■ **TASK STATEMENT**
Look through the records below, count the lines with the word "Bool", and reply with only the number.

■ **Dataset items**
+++
-- ===== src/Frontmatter/Splice.antt =====
-- Where `_readable_block` of coppermind/frontmatter.py lets the writers splice, and what
-- `fill_missing` leaves of a note that it adds keys to.
use coppermind.Base.{
  ℕ, ◌+◌, ◌≡◌, refl, sym, ap, subst, ◌∙◌, ◌⊎◌, inl, inr, true, false, ◌&&◌, not, none, some, [],
  ◌∷◌, ◌++◌, length, length-append, take, drop, take-append_length, drop-append_length, All, ◌==◌,
  Bool-cases, Option-cases, append_assoc, arith,
}
use coppermind.Base.Texts.{Text, starts_with}
use coppermind.Base.Lines.{splitlines, Boundary}
use coppermind.Frontmatter.{
  Outcome, delimiter, ok, >>=-eq-ok, is_delimiter, find_closing_delimiter, after_feed, Parts,
  split_rest, split_parts, split, Readable, readable_from, readable_parts, readable_block,
  is_ending, starts_ending, is_nonempty,
}
use coppermind.Frontmatter.Search.{starts_with-take}
use coppermind.Frontmatter.Split.{
  find_closing-Closed, no_block, block_at, Opening-of, split_rest-opening_length,
}
use coppermind.Frontmatter.Fence.{Ending, at_end, feed, crlf}

-- A note that a writer may splice into: its opening line, its block, the closing delimiter and what
-- stands behind it, with the two offsets at which the block starts and is closed.
pub record Located (text : Text) (found : Readable) (opening closing : ℕ) : Type 0 where
  pub ending : Text
  pub tail : Text
  pub whole : text ≡ (delimiter ++ ending) ++ (found.block ++ (delimiter ++ tail))
  pub opens : length (delimiter ++ ending) ≡ opening
  pub closes : length found.block ≡ closing
  pub ends : (found.block ≡ []) ⊎ Boundary found.block (delimiter ++ tail)
  pub clean : All (λ l. is_delimiter l ≡ false) (splitlines found.block)
  pub behind : Ending tail
  pub body : after_feed tail ≡ found.body
  pub line_end : is_ending ending ≡ true

Ending-of : (tail : Text) → (is_nonempty tail && not (starts_ending tail)) ≡ false → Ending tail
Ending-of [] h = at_end
Ending-of (c ∷ []) h = let e : c ≡ 10 = ground arith in rw e (feed [])
Ending-of (c ∷ d ∷ s) h = elim (Bool-cases (c == 10)) [
  | inl e ↦ let e' : c ≡ 10 = ground arith in rw e' (feed (d ∷ s))
  | inr e ↦ let e' : c ≡ 13 = ground arith in let f : d ≡ 10 = ground arith in rw (e', f) (crlf s)
]

checked_fields :
    (block body : Text) (k end : ℕ) (found : Readable) (a b : ℕ)
    → Path
        (Outcome Readable)
        (ok (record { block = block; body = body; offsets = some (k, end) }))
        (ok found)
    → found.offsets ≡ some (a, b)
    → (found.block ≡ block) × (found.body ≡ body) × (k ≡ a) × (end ≡ b)
checked_fields block body k end found a b h o = ground arith

-- The checks of `_readable_block`, passed.
record Checked (text : Text) (parts : Parts) (k end : ℕ) (found : Readable) (a b : ℕ) : Type 0 where
  fields : (found.block ≡ parts.block) × (found.body ≡ parts.body) × (k ≡ a) × (end ≡ b)
  line_end : is_ending (drop 3 (take k text)) ≡ true
  behind :
      (is_nonempty (drop (k + end + 3) text) && not (starts_ending (drop (k + end + 3) text)))
      ≡ false

readable_from-Checked :
    (text : Text) (parts : Parts) (k end : ℕ) (found : Readable) (a b : ℕ)
    → readable_from text parts k (some end) ≡ ok found
    → found.offsets ≡ some (a, b)
    → Checked text parts k end found a b
unfolding readable_from
readable_from-Checked text parts k end found a b h o =
    elim (Bool-cases (is_ending (drop 3 (take k text)))) [
      | inr e ↦ cc (rw (e, readable_from) at h)
      | inl e ↦
          elim (Bool-cases (
            is_nonempty (drop (k + end + 3) text)
            && not (starts_ending (drop (k + end + 3) text)))) [
              | inl f ↦ cc (rw (e, f, readable_from) at h)
              | inr f ↦ record {
                fields =
                    checked_fields parts.block parts.body k end found a b
                      (rw (e, f, readable_from) at h) o;
                line_end = e;
                behind = f;
              }
            ]
    ]

pub drop-append_at :
    (xs ys text : Text) (n : ℕ) → text ≡ xs ++ ys → length xs ≡ n → drop n text ≡ ys
drop-append_at xs ys text n h e =
    ap (λ m. drop m text) (sym e) ∙ ap (drop (length xs)) h ∙ drop-append_length xs ys

pub take-append_at :
    (xs ys text : Text) (n : ℕ) → text ≡ xs ++ ys → length xs ≡ n → take n text ≡ xs
take-append_at xs ys text n h e =
    ap (λ m. take m text) (sym e) ∙ ap (take (length xs)) h ∙ take-append_length xs ys

split_rest-parts :
    (rest : Text) (k end : ℕ) (parts : Parts)
    → split_rest rest k ≡ ok parts
    → find_closing_delimiter rest ≡ some end
    → (parts.block ≡ take end rest) × (parts.body ≡ after_feed (drop end rest))
unfolding split_rest
split_rest-parts rest k end parts h e = ground arith

located :
    (text opening rest : Text) (parts : Parts) (end : ℕ) (found : Readable) (a b : ℕ)
    → text ≡ opening ++ rest
    → starts_with delimiter opening ≡ true
    → split_rest rest (length opening) ≡ ok parts
    → find_closing_delimiter rest ≡ some end
    → Checked text parts (length opening) end found a b
    → Located text found a b
unfolding after_feed
located text opening rest parts end found a b whole opens split closing checked =
    let c = find_closing-Closed rest end closing in
    let (block, body, same_k, same_end) = checked.fields in
    let taken : found.block ≡ c.block =
      block ∙ (split_rest-parts rest _ end parts split closing).0 ∙ c.taken in
    let left : found.body ≡ c.body =
      body ∙ (split_rest-parts rest _ end parts split closing).1 ∙ c.left in
    let fence : opening ≡ delimiter ++ drop 3 opening = starts_with-take delimiter opening opens in
    let tail : Text = c.closing ++ c.body in
    let rest_tail : drop end rest ≡ delimiter ++ tail =
      drop-append_at c.block (delimiter ++ tail) rest end c.whole (sym c.reached) in
    let behind : drop (length opening + end + 3) text ≡ tail =
      drop-append_at (opening ++ (c.block ++ delimiter)) tail text (length opening + end + 3)
        (whole ∙ ap (λ u. opening ++ u) c.whole ∙ simp append_assoc)
        (omega (
          arith,
          length-append {0} opening (c.block ++ delimiter),
          length-append {0} c.block delimiter,
          c.reached,
        )) in
    record {
      ending = drop 3 opening;
      tail = c.closing ++ c.body;
      whole = rw taken (
          whole ∙ ap (λ u. u ++ rest) fence ∙ ap (λ u. (delimiter ++ drop 3 opening) ++ u) c.whole);
      opens = ap length (sym fence) ∙ same_k;
      closes = ap length taken ∙ sym c.reached ∙ same_end;
      ends = rw taken c.ends;
      clean = rw taken c.earlier;
      behind = Ending-of (c.closing ++ c.body) (rw behind at checked.behind);
      body = sym (ap (λ u. after_feed u) rest_tail) ∙ c.left ∙ sym left;
      line_end =
          ap (λ u. is_ending (drop 3 u))
            (sym (take-append_at opening rest text (length opening) whole refl))
          ∙ checked.line_end;
    }

checked_closing :
    (text opening rest : Text) (parts : Parts) (k : ℕ) (found : Readable) (a b : ℕ)
    → text ≡ opening ++ rest
    → starts_with delimiter opening ≡ true
    → split_rest rest (length opening) ≡ ok parts
    → length opening ≡ k
    → readable_from text parts k (find_closing_delimiter rest) ≡ ok found
    → found.offsets ≡ some (a, b)
    → Located text found a b
unfolding readable_from
checked_closing text opening rest parts k found a b whole opens split same h o =
    elim (Option-cases (find_closing_delimiter rest)) [
      | inl e ↦ cc (rw (e, readable_from) at h)
      | inr (end, e) ↦ located text opening rest parts end found a b whole opens split e (
          readable_from-Checked text parts (length opening) end found a b
            (subst (λ n. readable_from text parts n (some end) ≡ ok found) (sym same) (rw e at h))
            o)
    ]

no_offsets :
    (parts : Parts) (found : Readable)
    → Path
        (Outcome Readable)
        (ok (record { block = parts.block; body = parts.body; offsets = none }))
        (ok found)
    → found.offsets ≡ none
no_offsets parts found h = ground arith

-- Where `_readable_block` gives offsets, the note is an opening delimiter line that ends in a line
-- feed or in a carriage return and a line feed, the block, and a closing delimiter behind which the
-- note ends or such a line end stands; the offsets are the lengths of that line and of the block;
-- and no line of the block is a delimiter.
pub readable_block-Located :
    (text : Text) (found : Readable) (a b : ℕ)
    → readable_block text ≡ ok found
    → found.offsets ≡ some (a, b)
    → Located text found a b
unfolding readable_block readable_parts
readable_block-Located text found a b h o =
    let (parts, split, rest) = >>=-eq-ok (split_parts text) (readable_parts text) h in
    elim (Option-cases parts.opening_length) [
      | inl e ↦ cc (no_offsets parts found (rw (e, readable_parts) at rest), o)
      | inr (k, e) ↦ elim (Opening-of text) [
        | no_block same ↦ cc (sym same ∙ split, e)
        | block_at opening inner whole opens same ↦
            let divided = sym same ∙ split in
            let at : length opening ≡ k =
              ground (arith, split_rest-opening_length inner (length opening) parts divided) in
            checked_closing text opening inner parts k found a b whole opens divided at
              (subst (λ u. readable_from text parts k (find_closing_delimiter u) ≡ ok found)
                (drop-append_at opening inner text k whole at) (rw (e, readable_parts) at rest))
              o
      ]
    ]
+++
■ **SOLVED EXERCISE**
4